Judging from the scale of the chainrings to frame, wheels and then the gap between the top and down tubes, I'd say the bike in your picture was a small frame 24" wheel Manta Ray or Speedster originally. There is a small 17" frame Racer that had 26's wheels.


----------



## Schwinn499 (Aug 15, 2016)

GTs58 said:


> Judging from the scale of the chainrings to frame, wheels and then the gap between the top and down tubes, I'd say the bike in your picture was a small frame 24" wheel Manta Ray or Speedster originally. There is a small 17" frame Racer that had 26's wheels.



MantaRay had curved seat stays...Speedster did not.


----------



## 4130chromoly (Aug 15, 2016)

Looks short


----------



## stoney (Aug 15, 2016)

If the red bike is a Speedster frame I would go with that. I think the straight seat stays are nicer than the curved of the Manta Ray


----------



## GTs58 (Aug 15, 2016)

Good catch on the frame differences Cody. 

The camelback frame Speedster came in a 20" 24" and 26" so you have your choice of frame/wheel sizes.
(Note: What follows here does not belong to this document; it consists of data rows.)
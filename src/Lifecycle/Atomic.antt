-- ===== src/Lifecycle/Atomic.antt =====
-- What an atomic write keeps at each moment: _atomic_write of src/codekg/graph_lifecycle.py.
use my_kg_codebase.Prelude.{
  ℕ, ◌≡◌, refl, sym, subst, Bool, false, inl, inr, none, some, [], is_some, All, Bool-cases,
}
use my_kg_codebase.Prelude.Text.{Text, text_eq, text_eq_refl}
use my_kg_codebase.Prelude.Dict.{Dict, lookup, insert, remove, lookup-insert, lookup-remove}
use my_kg_codebase.Lifecycle.Files.{
  FilePath, full_path, Payload, Disk, Result, ok, err, Action, and_then, ◌>>◌, pure, raise,
  finally_of, operate, temporary_path, unlink_if_exists, renamed, write_and_move, atomic_write,
}

-- The files now are as `Now` says, and those in every state that a crash could have left as `Past` says.
abbrev pub Always : (Now Past : Dict Payload → Type 0) → Disk → Type 0
Always Now Past d = Now d.files × All Past d.history

-- What holds at each moment of an action, and of its value if it returns one.
abbrev pub Ensures :
    {A : Type 0}
    → (Now Past : Dict Payload → Type 0) → (A → Disk → Type 0)
    → Result A × Disk
    → Type 0
Ensures Now Past Q (ok a, d) = Q a d × Always Now Past d
Ensures Now Past Q (err e, d) = Always Now Past d

pub Ensures-and_then :
    {A B : Type 0} (Now Past : Dict Payload → Type 0) (Q : A → Disk → Type 0)
    (R : B → Disk → Type 0) (r : Result A × Disk) (f : A → Action B)
    → Ensures Now Past Q r
    → ((a : A) (d : Disk) → Q a d → Always Now Past d → Ensures Now Past R (f a d))
    → Ensures Now Past R (and_then r f)
Ensures-and_then Now Past Q R (ok a, d) f h k = k a d h.0 h.1
Ensures-and_then Now Past Q R (err e, d) f h k = h

pub Ensures-weaken :
    {A : Type 0} (Now Past : Dict Payload → Type 0) (Q R : A → Disk → Type 0) (r : Result A × Disk)
    → ((a : A) (d : Disk) → Q a d → R a d)
    → Ensures Now Past Q r
    → Ensures Now Past R r
Ensures-weaken Now Past Q R (ok a, d) k h = (k a d h.0, h.1)
Ensures-weaken Now Past Q R (err e, d) k h = h

Ensures-finally_of :
    {A : Type 0} (Now Past : Dict Payload → Type 0) (Q : A → Disk → Type 0) (r : Result A × Disk)
    (cleanup : Action (Unit {0}))
    → Ensures Now Past Q r
    → ((a : A) (d : Disk) → Q a d → Always Now Past d → Ensures Now Past (λ _ e. Q a e) (cleanup d))
    → ((d : Disk) → Always Now Past d → Ensures Now Past (λ _ e. Unit {0}) (cleanup d))
    → Ensures Now Past Q (finally_of r cleanup)
Ensures-finally_of Now Past Q (ok a, d) cleanup h k l =
    Ensures-and_then Now Past (λ _ e. Q a e) Q (cleanup d) (λ _. pure a) (k a d h.0 h.1)
      (λ _ e q g. (q, g))
Ensures-finally_of {A} Now Past Q (err failure, d) cleanup h k l =
    Ensures-and_then {B = A} Now Past (λ _ e. Unit {0}) Q (cleanup d) (λ _. raise failure) (l d h)
      (λ _ e q g. g)

module _ (fails : ℕ → Bool) (random : ℕ → Text) (Now Past : Dict Payload → Type 0)
    (weaker : (files : Dict Payload) → Now files → Past files) where
  operate-Ensures :
      (change : Dict Payload → Dict Payload) (d : Disk)
      → Always Now Past d
      → Now (change d.files)
      → Ensures Now Past (λ _ e. e.files ≡ change d.files) (operate fails random change d)
  unfolding operate
  operate-Ensures change d (now, before) next = elim (Bool-cases (fails d.operations)) [
    | inl e ↦ rw e (now, before)
    | inr e ↦ rw e (refl, (next, (weaker (change d.files) next, before)))
  ]

  module _ (path name : Text) (payload : Payload)
      (on_insert : (files : Dict Payload) (content : Payload)
        → Now files
        → Now (insert name content files))
      (on_remove : (files : Dict Payload) → Now files → Now (remove name files))
      (on_move : (files : Dict Payload) → Now files → Now (insert path payload files))
      (other : text_eq path name ≡ false) where
    unlink_if_exists-Ensures :
        (d : Disk)
        → Always Now Past d
        → Ensures Now Past (λ _ e. Unit {0}) (unlink_if_exists fails random name d)
    unfolding unlink_if_exists
    unlink_if_exists-Ensures d h = elim (Bool-cases (is_some (lookup name d.files))) [
      | inl e ↦ rw e (
          Ensures-weaken Now Past (λ _ e. e.files ≡ remove name d.files) (λ _ e. Unit {0})
            (operate fails random (remove name) d) (λ _ e q. tt)
            (operate-Ensures (remove name) d h (on_remove d.files h.0)))
      | inr e ↦ rw e (tt, h)
    ]

    -- The payload stands at the path, and the temporary file is gone.
    abbrev Moved : Disk → Type 0
    Moved d = (lookup path d.files ≡ some payload) × (lookup name d.files ≡ none)

    lookup-renamed :
        (files : Dict Payload)
        → (lookup path (renamed name path payload files) ≡ some payload)
          × (lookup name (renamed name path payload files) ≡ none)
    lookup-renamed files = (
      rw (lookup-insert path path payload (remove name files), text_eq_refl path) refl,
      rw
          (
            lookup-insert path name payload (remove name files),
            other,
            lookup-remove name name files,
            text_eq_refl name,
          )
          refl,
    )

    Moved-same : (d e : Disk) → e.files ≡ d.files → Moved d → Moved e
    Moved-same d e same moved =
        subst (λ files. (lookup path files ≡ some payload) × (lookup name files ≡ none)) (sym same)
          moved

    write_and_move-Ensures :
        (d : Disk)
        → Always Now Past d
        → Ensures Now Past (λ _ e. Moved e) (write_and_move fails random name path payload d)
    unfolding write_and_move
    write_and_move-Ensures d h =
        let stay = λ (files : Dict Payload). files in
        let run = operate fails random in
        Ensures-and_then Now Past (λ _ e. e.files ≡ insert name payload d.files) (λ _ e. Moved e)
          (run (insert name payload) d)
          (λ _. run stay >> (run (renamed name path payload) >> run stay))
          (operate-Ensures (insert name payload) d h (on_insert d.files payload h.0))
          (λ _ e p he.
            Ensures-and_then Now Past (λ _ f. f.files ≡ e.files) (λ _ f. Moved f) (run stay e)
              (λ _. run (renamed name path payload) >> run stay) (operate-Ensures stay e he he.0)
              (λ _ f q hf.
                Ensures-and_then Now Past (λ _ g. g.files ≡ renamed name path payload f.files)
                  (λ _ g. Moved g) (run (renamed name path payload) f) (λ _. run stay)
                  (operate-Ensures (renamed name path payload) f hf
                    (on_move (remove name f.files) (on_remove f.files hf.0)))
                  (λ _ g r hg.
                    Ensures-weaken Now Past (λ _ k. k.files ≡ g.files) (λ _ k. Moved k) (run stay g)
                      (λ _ k same. Moved-same g k same (
                        subst
                          (λ files. (lookup path files ≡ some payload) × (lookup name files ≡ none))
                          (sym r) (lookup-renamed f.files)))
                      (operate-Ensures stay g hg hg.0))))

    -- Nothing is left to unlink behind the move.
    unlink_if_exists-none :
        (d : Disk)
        → Moved d
        → Always Now Past d
        → Ensures Now Past (λ _ e. Moved e) (unlink_if_exists fails random name d)
    unfolding unlink_if_exists
    unlink_if_exists-none d moved h = rw (unlink_if_exists, moved.1) (moved, h)

-- A predicate `Now` on files that neither the temporary file nor the move can break holds at each moment
-- of an atomic write, and what is weaker, `Past`, in the states before; if the write returns, the payload stands at the path.
pub atomic_write-Ensures :
    (fails : ℕ → Bool) (random : ℕ → Text) (Now Past : Dict Payload → Type 0)
    (weaker : (files : Dict Payload) → Now files → Past files) (path : FilePath) (payload : Payload)
    (d : Disk)
    → ((files : Dict Payload) (n : ℕ) (content : Payload)
        → Now files
        → Now (insert (temporary_path fails random path n) content files))
    → ((files : Dict Payload) (n : ℕ)
        → Now files
        → Now (remove (temporary_path fails random path n) files))
    → ((files : Dict Payload) → Now files → Now (insert (full_path path) payload files))
    → text_eq (full_path path) (temporary_path fails random path d.operations) ≡ false
    → Always Now Past d
    → Ensures Now Past
        (λ _ e. lookup (full_path path) e.files ≡ some payload)
        (atomic_write fails random path payload d)
unfolding atomic_write
atomic_write-Ensures fails random Now Past weaker path payload d on_insert on_remove on_move other
      h =
    let name = temporary_path fails random path d.operations in
    let written =
      λ (files : Dict Payload) (content : Payload). on_insert files d.operations content in
    let removed = λ (files : Dict Payload). on_remove files d.operations in
    let target = full_path path in
    Ensures-and_then Now Past (λ _ e. e.files ≡ insert name [] d.files)
      (λ _ e. lookup target e.files ≡ some payload) (operate fails random (insert name []) d)
      (λ _ e.
        finally_of (write_and_move fails random name target payload e)
          (unlink_if_exists fails random name))
      (operate-Ensures fails random Now Past weaker (insert name []) d h (written d.files [] h.0))
      (λ _ e p he.
        Ensures-weaken Now Past
          (λ _ f. (lookup target f.files ≡ some payload) × (lookup name f.files ≡ none))
          (λ _ f. lookup target f.files ≡ some payload)
          (finally_of (write_and_move fails random name target payload e)
            (unlink_if_exists fails random name))
          (λ _ f moved. moved.0)
          (Ensures-finally_of Now Past
            (λ _ f. (lookup target f.files ≡ some payload) × (lookup name f.files ≡ none))
            (write_and_move fails random name target payload e) (unlink_if_exists fails random name)
            (write_and_move-Ensures fails random Now Past weaker target name payload written removed
              on_move other e he)
            (λ _ f moved hf.
              unlink_if_exists-none fails random Now Past weaker target name payload written removed
                on_move other f moved hf)
            (λ f hf.
              unlink_if_exists-Ensures fails random Now Past weaker target name payload written
                removed on_move other f hf)))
I still think the custom in your picture is a 24" and it looks better than the 26" IMO. There is someone here that did this to one with the 26" wheels.


----------



## Schwinn499 (Aug 15, 2016)

GTs58 said:


> Good catch on the frame differences Cody.
> 
> The camelback frame Speedster came in a 20" 24" and 26" so you have your choice of frame/wheel sizes. I still think the custom in your picture is a 24" and it looks better than the 26" IMO. There is someone here that did this to one with the 26" wheels.
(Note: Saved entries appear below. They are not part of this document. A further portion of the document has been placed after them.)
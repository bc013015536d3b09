-- ===== src/Lifecycle/Explained.antt =====
-- Why an action on files raises: an operation of its own failed. The actions are those of
-- src/codekg/graph_lifecycle.py.
use my_kg_codebase.Prelude.{
  ℕ, ◌≤◌, ◌<◌, ◌≡◌, refl, Bool, true, inl, inr, Option, none, some, [], arith, Bool-cases, is_some,
}
use my_kg_codebase.Prelude.Text.{Text}
use my_kg_codebase.Prelude.Dict.{Dict, lookup, insert, remove}
use my_kg_codebase.Lifecycle.Files.{
  FilePath, full_path, Payload, Disk, Failure, os_error, Result, ok, err, Action, and_then,
  finally_of, pure, raise, inspect, read_bytes, read_found, read_if_exists, operate, temporary_path,
  unlink_if_exists, renamed, write_and_move, atomic_write,
}
use my_kg_codebase.Lifecycle.Activate.{keep_previous}

-- The error is the operating system's, and one of the operations from number `start` on failed.
abbrev pub IsExplained : (ℕ → Bool) → ℕ → Failure → Disk → Type 0
IsExplained fails start failure e =
    (failure ≡ os_error) × (n : ℕ) × (start ≤ n) × (n < e.operations) × (fails n ≡ true)

abbrev pub Explained : {A : Type 0} → (ℕ → Bool) → ℕ → Result A × Disk → Type 0
Explained fails start (ok a, e) = start ≤ e.operations
Explained fails start (err failure, e) = IsExplained fails start failure e

module _ (fails : ℕ → Bool) (random : ℕ → Text) where
  pub Explained-and_then :
      {A B : Type 0} (start : ℕ) (r : Result A × Disk) (f : A → Action B)
      → Explained fails start r
      → ((a : A) (d : Disk) → start ≤ d.operations → Explained fails start (f a d))
      → Explained fails start (and_then r f)
  Explained-and_then start (ok a, d) f h k = k a d h
  Explained-and_then start (err failure, d) f h k = h

  -- What cleans up does not take operations back.
  later_failure :
      (A : Type 0) (start : ℕ) (failure : Failure) (d : Disk) (r : Result (Unit {0}) × Disk)
      → IsExplained fails start failure d
      → Explained fails d.operations r
      → Explained {A = A} fails start (and_then r (λ _. raise failure))
  later_failure A start failure d (ok u, e) (os, n, low, high, fails_there) h =
      (os, n, low, omega (arith, high, h), fails_there)
  later_failure A start failure d (err g, e) (os, m, low, high, _)
        (other, n, after, before, there) =
      (other, n, omega (arith, low, high, after), before, there)

  Explained-finally_of :
      {A : Type 0} (start : ℕ) (r : Result A × Disk) (cleanup : Action (Unit {0}))
      → Explained fails start r
      → ((from : ℕ) (d : Disk) → from ≤ d.operations → Explained fails from (cleanup d))
      → Explained fails start (finally_of r cleanup)
  Explained-finally_of start (ok a, d) cleanup h k =
      Explained-and_then start (cleanup d) (λ _. pure a) (k start d h) (λ _ e q. q)
  Explained-finally_of {A} start (err failure, d) cleanup h k =
      later_failure A start failure d (cleanup d) h (k d.operations d (omega arith))

  operate-Explained :
      (change : Dict Payload → Dict Payload) (start : ℕ) (d : Disk)
      → start ≤ d.operations
      → Explained fails start (operate fails random change d)
  unfolding operate
  operate-Explained change start d h = elim (Bool-cases (fails d.operations)) [
    | inl e ↦ rw e (refl, d.operations, h, omega arith, e)
    | inr e ↦ rw e (omega (arith, h))
  ]

  inspect-Explained :
      (start : ℕ) (d : Disk) → start ≤ d.operations → Explained fails start (inspect fails random d)
  unfolding inspect
  inspect-Explained start d h = elim (Bool-cases (fails d.operations)) [
    | inl e ↦ rw e (refl, d.operations, h, omega arith, e)
    | inr e ↦ rw e (omega (arith, h))
  ]

  read_found-Explained :
      (found : Option Payload) (start : ℕ) (d : Disk)
      → start ≤ d.operations
      → Explained fails start (read_found fails random found d)
  read_found-Explained none start d h = h
  read_found-Explained (some payload) start d h =
      Explained-and_then start (inspect fails random d) (λ _. pure (some payload))
        (inspect-Explained start d h) (λ _ e q. q)

  pub read_bytes-Explained :
      (path : FilePath) (payload : Payload) (start : ℕ) (d : Disk)
      → lookup (full_path path) d.files ≡ some payload
      → start ≤ d.operations
      → Explained fails start (read_bytes fails random path d)
  unfolding read_bytes inspect
  read_bytes-Explained path payload start d found h = elim (Bool-cases (fails d.operations)) [
    | inl e ↦ rw e (refl, d.operations, h, omega arith, e)
    | inr e ↦ rw (e, found) (omega (arith, h))
  ]

  pub read_if_exists-Explained :
      (path : FilePath) (start : ℕ) (d : Disk)
      → start ≤ d.operations
      → Explained fails start (read_if_exists fails random path d)
  unfolding read_if_exists
  read_if_exists-Explained path start d h =
      Explained-and_then start (inspect fails random d) _ (inspect-Explained start d h)
        (λ _ e q. read_found-Explained (lookup (full_path path) e.files) start e q)

  unlink_if_exists-Explained :
      (name : Text) (start : ℕ) (d : Disk)
      → start ≤ d.operations
      → Explained fails start (unlink_if_exists fails random name d)
  unfolding unlink_if_exists
  unlink_if_exists-Explained name start d h = elim (Bool-cases (is_some (lookup name d.files))) [
    | inl e ↦ rw e (operate-Explained (remove name) start d h)
    | inr e ↦ rw e h
  ]

  write_and_move-Explained :
      (name path : Text) (payload : Payload) (start : ℕ) (d : Disk)
      → start ≤ d.operations
      → Explained fails start (write_and_move fails random name path payload d)
  unfolding write_and_move
  write_and_move-Explained name path payload start d h =
      let stay = λ (files : Dict Payload). files in
      let run = operate fails random in
      Explained-and_then start (run (insert name payload) d) _
        (operate-Explained (insert name payload) start d h)
        (λ _ e he.
          Explained-and_then start (run stay e) _ (operate-Explained stay start e he) (λ _ f hf.
            Explained-and_then start (run (renamed name path payload) f) _
              (operate-Explained (renamed name path payload) start f hf)
              (λ _ g hg. operate-Explained stay start g hg)))

  pub atomic_write-Explained :
      (path : FilePath) (payload : Payload) (start : ℕ) (d : Disk)
      → start ≤ d.operations
      → Explained fails start (atomic_write fails random path payload d)
  unfolding atomic_write
  atomic_write-Explained path payload start d h =
      let name = temporary_path fails random path d.operations in
      Explained-and_then start (operate fails random (insert name []) d) _
        (operate-Explained (insert name []) start d h)
        (λ _ e he.
          Explained-finally_of start (write_and_move fails random name (full_path path) payload e)
            (unlink_if_exists fails random name)
            (write_and_move-Explained name (full_path path) payload start e he)
            (unlink_if_exists-Explained name))

  pub keep_previous-Explained :
      (previous : FilePath) (old : Option Payload) (start : ℕ) (d : Disk)
      → start ≤ d.operations
      → Explained fails start (keep_previous fails random previous old d)
  keep_previous-Explained previous none start d h = h
  keep_previous-Explained previous (some old) start d h =
      atomic_write-Explained previous old start d h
I did it back in the day with a 26" camelback collegiate and a breeze for me and my ex wife. Got rid of the bikes, pics, and wife tho


----------



## schwinnbikebobb (Aug 15, 2016)

Could be a Collegiate Sport with the Positron ditched.


----------



## island schwinn (Aug 15, 2016)

There's one for sale on ratrodbikes right now.


----------



## bikecrazy (Aug 15, 2016)

I always count the spokes to figure out if a bike is a 24 inch. Only 1 chainring. I would go with a stik shift. Sharp bike.


----------



## Tim the Skid (Aug 29, 2016)

Nice bike! I like the idea of using a camelback Speedster frame to build a Manta Ray style rider.


----------



## REC (Aug 30, 2016)

schwinnguyinohio said:


> I'd like to build a bike similar to this one , what years and models used the curved top bar
> 
> View attachment 350155



These are a lot of fun, and that is indeed a 24" wheeled bike.
I took a 75 Speedster and changed it around a bit back in late 2005, and the attached are the beginning and the end result. It felt funny to me as I was used to big heavy bikes and I let it go (STUPID MOVE!) to a newsgroup member from another site. Don't know if he still has it, but it went to Alabama in a box. It was VERY nice to begin with and the parts used on it were equally as nice.










This was a near NOS bike - very few tiny marks on it here and there. Oh, well....
I've gotten past the funny feeling of a smaller bike, and now laugh as I ride one of them around - thinking to myself it looks pretty strange to see a 60 year old fat guy on the bike!

Good luck with your project!
REC


----------



## Tim the Skid (Aug 30, 2016)

That turned out great! Could I use 26" rims on a speedster frame? i was thinking S-7's with a 2 speed  kickback hub to build a coaster brake style.


----------



## REC (Aug 30, 2016)

I think S-7s will work on the frame you mention. There is nothing I can see that would make that impossible... though fenders could be a concern with the wider wheel/tire combination. The wheels will need to be VERY true! It would certainly be worth a shot.
REC


----------



## Tim the Skid (Aug 30, 2016)

I have two Speedster camelback frames, both measure 17 1/2" center of crank to top of seat tube. I'm thinking these are 26". I'm going to try and mock up the S-7's tomorrow.


----------



## sfhschwinn (Sep 1, 2016)

Just picked up a 5 speed sky blue collegiate with the same frame for $60 might be fun to do this and see who would buy in NY bet I get a hipster hooked!


----------



## schwinnguyinohio (Sep 1, 2016)

Nice find , I did find just a frame just have to get time to go get it


----------



## bikecrazy (Sep 1, 2016)

I like the mag chainring. That really makes the bike!


----------